=== Section Start ===

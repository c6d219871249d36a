-- ===== src/Frontend/Bench.antt =====
-- app/benchmarks/page.tsx with components/benchmarks/: the benchmark's form and its results.
pub mod View
pub mod Flight
pub mod Admitted
use Prim.Native.String.{String}
use quark_cache.Common.{
  ℕ, zero, suc, Bool, true, false, Option, none, some, List, [], ◌∷◌, get_elem?, ltb, ◌==◌,
  if◌then◌else◌,
}
use quark_cache.Frontend.Js.{Js, parse_int}
use quark_cache.Frontend.Api.{Reply, ok, failed, BenchmarkRequest, BenchmarkResponse}

abbrev pub ops_options : List ℕ
ops_options = 100 ∷ 500 ∷ 1000 ∷ 5000 ∷ 10000 ∷ 50000 ∷ 100000 ∷ []

-- `Math.max(1, parseInt(text, 10) || 1)`: NaN and 0 give 1, and so does what is below 1.
unfoldable pub at_least_one : String → ℕ
unfolding parse_int
at_least_one s = elim (parse_int false s) [
  | none ↦ 1
  | some (neg, n) ↦ if neg then 1 else if n == 0 then 1 else n
]

module _ (js : Js) where
  open js use {Number, integer, div}

  -- A ratio in steps of 0.05, as the slider gives it.
  abbrev pub twentieths : ℕ → Number
  twentieths k = div (integer false k) (integer false 20)

  pub record State : Type 0 where
    pub ops_idx : ℕ
    pub read_ratio : Number
    pub value_size : ℕ
    pub key_space : ℕ
    pub loading : Bool
    pub error : Option String
    -- The page's `result`.
    pub result : Option (BenchmarkResponse Number)

  abbrev pub initial : State
  initial = record {
    ops_idx = 2;
    read_ratio = twentieths 16;
    value_size = 64;
    key_space = 500;
    loading = false;
    error = none;
    result = none;
  }

  -- `OPS_OPTIONS[opsIdx]`; `none` stands for `undefined`.
  abbrev pub num_ops : State → Option ℕ
  num_ops s = get_elem? ops_options s.ops_idx

  -- The body of the call. `num_ops` is left out of the JSON text if it is `undefined`.
  pub record Body : Type 0 where
    pub num_ops : Option ℕ
    pub read_ratio : Number
    pub value_size : ℕ
    pub key_space : ℕ

  -- `handleRun`, up to its call.
  unfoldable pub handle_run : State → State × List Body
  handle_run s = (
    record s { loading = true; error = none },
    (record {
      num_ops = num_ops s;
      read_ratio = s.read_ratio;
      value_size = s.value_size;
      key_space = s.key_space;
    })
        ∷ [],
  )

  -- What follows the reply; `onResults` is the page's `setResult`.
  unfoldable pub resume : Reply (BenchmarkResponse Number) → State → State
  resume (ok a) s = record s { result = some a; loading = false }
  resume (failed d) s = record s {
    error = some "Benchmark failed — is the cache server running?";
    loading = false;
  }
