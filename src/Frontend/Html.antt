-- ===== src/Frontend/Html.antt =====
-- The document that a component renders: elements with the attributes that carry data or events.
-- Attributes that only style an element (`sx`, `size`, `variant`, icons' sizes) are left out, but
-- not those whose value depends on the state. An event attribute holds the message that it sends.
pub mod Laws
use Prim.Native.String.{String}
use quark_cache.Common.{
  ℕ, ◌≤◌, ◌≡◌, ◌⊎◌, Bool, true, false, not, ◌&&◌, ◌||◌, Option, some, List, [], ◌∷◌, ◌++◌, same,
  if◌then◌else◌,
}

-- A key press: its name, and the shift key.
pub record KeyPress : Type 0 where
  pub key : String
  pub shift : Bool

pub data Attr (E : Type 0) : Type 0 where
  prop : String → String → Attr E
  flag : String → Bool → Attr E
  num : String → ℕ → Attr E
  on : String → E → Attr E
  on_value : String → (String → E) → Attr E
  -- A slider's message, for the whole numbers from its `min` to its `max`.
  slide : (low high : ℕ) → (ℕ → E) → Attr E
  on_flag : String → (Bool → E) → Attr E
  on_key : (KeyPress → Option E) → Attr E

mutual
  pub data Node (E : Type 0) : Type 0 where
    text : String → Node E
    el : String → List (Attr E) → Nodes E → Node E

  pub data Nodes (E : Type 0) : Type 0 where
    nil : Nodes E
    cons : Node E → Nodes E → Nodes E

abbrev pub kids : {E : Type 0} → List (Node E) → Nodes E
kids [] = nil
kids (n ∷ ns) = cons n (kids ns)

-- `{test && <…/>}`.
abbrev pub when : {E : Type 0} → Bool → List (Node E) → List (Node E)
when true ns = ns
when false ns = []

-- `{value && <…/>}` for a value that is an object or `null`.
abbrev pub when_some : {E A : Type 0} → Option A → (A → List (Node E)) → List (Node E)
when_some Option.none f = []
when_some (some a) f = f a

-- An element that holds one text.
abbrev pub label : {E : Type 0} → String → String → Node E
label tag s = el tag [] (kids (text s ∷ []))

module _ {E : Type 0} where
  abbrev pub is_disabled : List (Attr E) → Bool
  is_disabled [] = false
  is_disabled (flag name b ∷ atts) = (same name "disabled" && b) || is_disabled atts
  is_disabled (_ ∷ atts) = is_disabled atts

  abbrev pub is_submit : List (Attr E) → Bool
  is_submit [] = false
  is_submit (prop name v ∷ atts) = (same name "type" && same v "submit") || is_submit atts
  is_submit (_ ∷ atts) = is_submit atts

  -- A form is submitted only if its submit button is not disabled.
  abbrev mutual
    pub can_submit : Node E → Bool
    can_submit (text s) = false
    can_submit (el tag atts ns) = (is_submit atts && not (is_disabled atts)) || can_submit_any ns

    pub can_submit_any : Nodes E → Bool
    can_submit_any nil = false
    can_submit_any (cons n ns) = can_submit n || can_submit_any ns

  -- The message `e` is one that these attributes can send.
  abbrev pub Sends : E → List (Attr E) → Type 0
  Sends e [] = ⊥
  Sends e (on name e' ∷ atts) = (e ≡ e') ⊎ Sends e atts
  Sends e (on_value name f ∷ atts) = ((v : String) × (e ≡ f v)) ⊎ Sends e atts
  Sends e (slide low high f ∷ atts) = ((v : ℕ) × (low ≤ v) × (v ≤ high) × (e ≡ f v)) ⊎ Sends e atts
  Sends e (on_flag name f ∷ atts) = ((v : Bool) × (e ≡ f v)) ⊎ Sends e atts
  Sends e (on_key f ∷ atts) = ((k : KeyPress) × (f k ≡ some e)) ⊎ Sends e atts
  Sends e (_ ∷ atts) = Sends e atts

  -- The user can send `e` through this document: from an element that is not disabled, or by
  -- submitting a form.
  abbrev mutual
    pub Offers : E → Node E → Type 0
    Offers e (text s) = ⊥
    Offers e (el tag atts ns) =
        ((if same tag "form" then can_submit_any ns else not (is_disabled atts)) ≡ true)
          × Sends e atts
        ⊎ OffersAny e ns

    pub OffersAny : E → Nodes E → Type 0
    OffersAny e nil = ⊥
    OffersAny e (cons n ns) = Offers e n ⊎ OffersAny e ns

  -- All texts of a document, in order.
  abbrev mutual
    pub texts : Node E → List String
    texts (text s) = s ∷ []
    texts (el tag atts ns) = texts_any ns

    pub texts_any : Nodes E → List String
    texts_any nil = []
    texts_any (cons n ns) = texts n ++ texts_any ns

=== Section End ===

Type out the records again exactly, line for line.

TASK RESPONSE:
repository c6d219871249d36a
-- ===== src/Frontend/Bench.antt =====
-- app/benchmarks/page.tsx with components/benchmarks/: the benchmark's form and its results.
pub mod View
pub mod Flight
pub mod Admitted
use Prim.Native.String.{String}
use quark_cache.Common.{
  ℕ, zero, suc, Bool, true, false, Option, none, some, List, [], ◌∷◌, get_elem?, ltb, ◌==◌,
  if◌then◌else◌,
}
use quark_cache.Frontend.Js.{Js, parse_int}
use quark_cache.Frontend.Api.{Reply, ok, failed, BenchmarkRequest, BenchmarkResponse}

abbrev pub ops_options : List ℕ
ops_options = 100 ∷ 500 ∷ 1000 ∷ 5000 ∷ 10000 ∷ 50000 ∷ 100000 ∷ []

-- `Math.max(1, parseInt(text, 10) || 1)`: NaN and 0 give 1, and so does what is below 1.
unfoldable pub at_least_one : String → ℕ
unfolding parse_int
at_least_one s = elim (parse_int false s) [
  | none ↦ 1
  | some (neg, n) ↦ if neg then 1 else if n == 0 then 1 else n
]

module _ (js : Js) where
  open js use {Number, integer, div}

  -- A ratio in steps of 0.05, as the slider gives it.
  abbrev pub twentieths : ℕ → Number
  twentieths k = div (integer false k) (integer false 20)

  pub record State : Type 0 where
    pub ops_idx : ℕ
    pub read_ratio : Number
    pub value_size : ℕ
    pub key_space : ℕ
    pub loading : Bool
    pub error : Option String
    -- The page's `result`.
    pub result : Option (BenchmarkResponse Number)

  abbrev pub initial : State
  initial = record {
    ops_idx = 2;
    read_ratio = twentieths 16;
    value_size = 64;
    key_space = 500;
    loading = false;
    error = none;
    result = none;
  }

  -- `OPS_OPTIONS[opsIdx]`; `none` stands for `undefined`.
  abbrev pub num_ops : State → Option ℕ
  num_ops s = get_elem? ops_options s.ops_idx

  -- The body of the call. `num_ops` is left out of the JSON text if it is `undefined`.
  pub record Body : Type 0 where
    pub num_ops : Option ℕ
    pub read_ratio : Number
    pub value_size : ℕ
    pub key_space : ℕ

  -- `handleRun`, up to its call.
  unfoldable pub handle_run : State → State × List Body
  handle_run s = (
    record s { loading = true; error = none },
    (record {
      num_ops = num_ops s;
      read_ratio = s.read_ratio;
      value_size = s.value_size;
      key_space = s.key_space;
    })
        ∷ [],
  )

  -- What follows the reply; `onResults` is the page's `setResult`.
  unfoldable pub resume : Reply (BenchmarkResponse Number) → State → State
  resume (ok a) s = record s { result = some a; loading = false }
  resume (failed d) s = record s {
    error = some "Benchmark failed — is the cache server running?";
    loading = false;
  }
filename src/Frontend/Html.antt
-- ===== src/Frontend/Html.antt =====
-- The document that a component renders: elements with the attributes that carry data or events.
-- Attributes that only style an element (`sx`, `size`, `variant`, icons' sizes) are left out, but
-- not those whose value depends on the state. An event attribute holds the message that it sends.
pub mod Laws
use Prim.Native.String.{String}
use quark_cache.Common.{
  ℕ, ◌≤◌, ◌≡◌, ◌⊎◌, Bool, true, false, not, ◌&&◌, ◌||◌, Option, some, List, [], ◌∷◌, ◌++◌, same,
  if◌then◌else◌,
}

-- A key press: its name, and the shift key.
pub record KeyPress : Type 0 where
  pub key : String
  pub shift : Bool

pub data Attr (E : Type 0) : Type 0 where
  prop : String → String → Attr E
  flag : String → Bool → Attr E
  num : String → ℕ → Attr E
  on : String → E → Attr E
  on_value : String → (String → E) → Attr E
  -- A slider's message, for the whole numbers from its `min` to its `max`.
  slide : (low high : ℕ) → (ℕ → E) → Attr E
  on_flag : String → (Bool → E) → Attr E
  on_key : (KeyPress → Option E) → Attr E

mutual
  pub data Node (E : Type 0) : Type 0 where
    text : String → Node E
    el : String → List (Attr E) → Nodes E → Node E

  pub data Nodes (E : Type 0) : Type 0 where
    nil : Nodes E
    cons : Node E → Nodes E → Nodes E

abbrev pub kids : {E : Type 0} → List (Node E) → Nodes E
kids [] = nil
kids (n ∷ ns) = cons n (kids ns)

-- `{test && <…/>}`.
abbrev pub when : {E : Type 0} → Bool → List (Node E) → List (Node E)
when true ns = ns
when false ns = []

-- `{value && <…/>}` for a value that is an object or `null`.
abbrev pub when_some : {E A : Type 0} → Option A → (A → List (Node E)) → List (Node E)
when_some Option.none f = []
when_some (some a) f = f a

-- An element that holds one text.
abbrev pub label : {E : Type 0} → String → String → Node E
label tag s = el tag [] (kids (text s ∷ []))

module _ {E : Type 0} where
  abbrev pub is_disabled : List (Attr E) → Bool
  is_disabled [] = false
  is_disabled (flag name b ∷ atts) = (same name "disabled" && b) || is_disabled atts
  is_disabled (_ ∷ atts) = is_disabled atts

  abbrev pub is_submit : List (Attr E) → Bool
  is_submit [] = false
  is_submit (prop name v ∷ atts) = (same name "type" && same v "submit") || is_submit atts
  is_submit (_ ∷ atts) = is_submit atts

  -- A form is submitted only if its submit button is not disabled.
  abbrev mutual
    pub can_submit : Node E → Bool
    can_submit (text s) = false
    can_submit (el tag atts ns) = (is_submit atts && not (is_disabled atts)) || can_submit_any ns

    pub can_submit_any : Nodes E → Bool
    can_submit_any nil = false
    can_submit_any (cons n ns) = can_submit n || can_submit_any ns

  -- The message `e` is one that these attributes can send.
  abbrev pub Sends : E → List (Attr E) → Type 0
  Sends e [] = ⊥
  Sends e (on name e' ∷ atts) = (e ≡ e') ⊎ Sends e atts
  Sends e (on_value name f ∷ atts) = ((v : String) × (e ≡ f v)) ⊎ Sends e atts
  Sends e (slide low high f ∷ atts) = ((v : ℕ) × (low ≤ v) × (v ≤ high) × (e ≡ f v)) ⊎ Sends e atts
  Sends e (on_flag name f ∷ atts) = ((v : Bool) × (e ≡ f v)) ⊎ Sends e atts
  Sends e (on_key f ∷ atts) = ((k : KeyPress) × (f k ≡ some e)) ⊎ Sends e atts
  Sends e (_ ∷ atts) = Sends e atts

  -- The user can send `e` through this document: from an element that is not disabled, or by
  -- submitting a form.
  abbrev mutual
    pub Offers : E → Node E → Type 0
    Offers e (text s) = ⊥
    Offers e (el tag atts ns) =
        ((if same tag "form" then can_submit_any ns else not (is_disabled atts)) ≡ true)
          × Sends e atts
        ⊎ OffersAny e ns

    pub OffersAny : E → Nodes E → Type 0
    OffersAny e nil = ⊥
    OffersAny e (cons n ns) = Offers e n ⊎ OffersAny e ns

  -- All texts of a document, in order.
  abbrev mutual
    pub texts : Node E → List String
    texts (text s) = s ∷ []
    texts (el tag atts ns) = texts_any ns

    pub texts_any : Nodes E → List String
    texts_any nil = []
    texts_any (cons n ns) = texts n ++ texts_any ns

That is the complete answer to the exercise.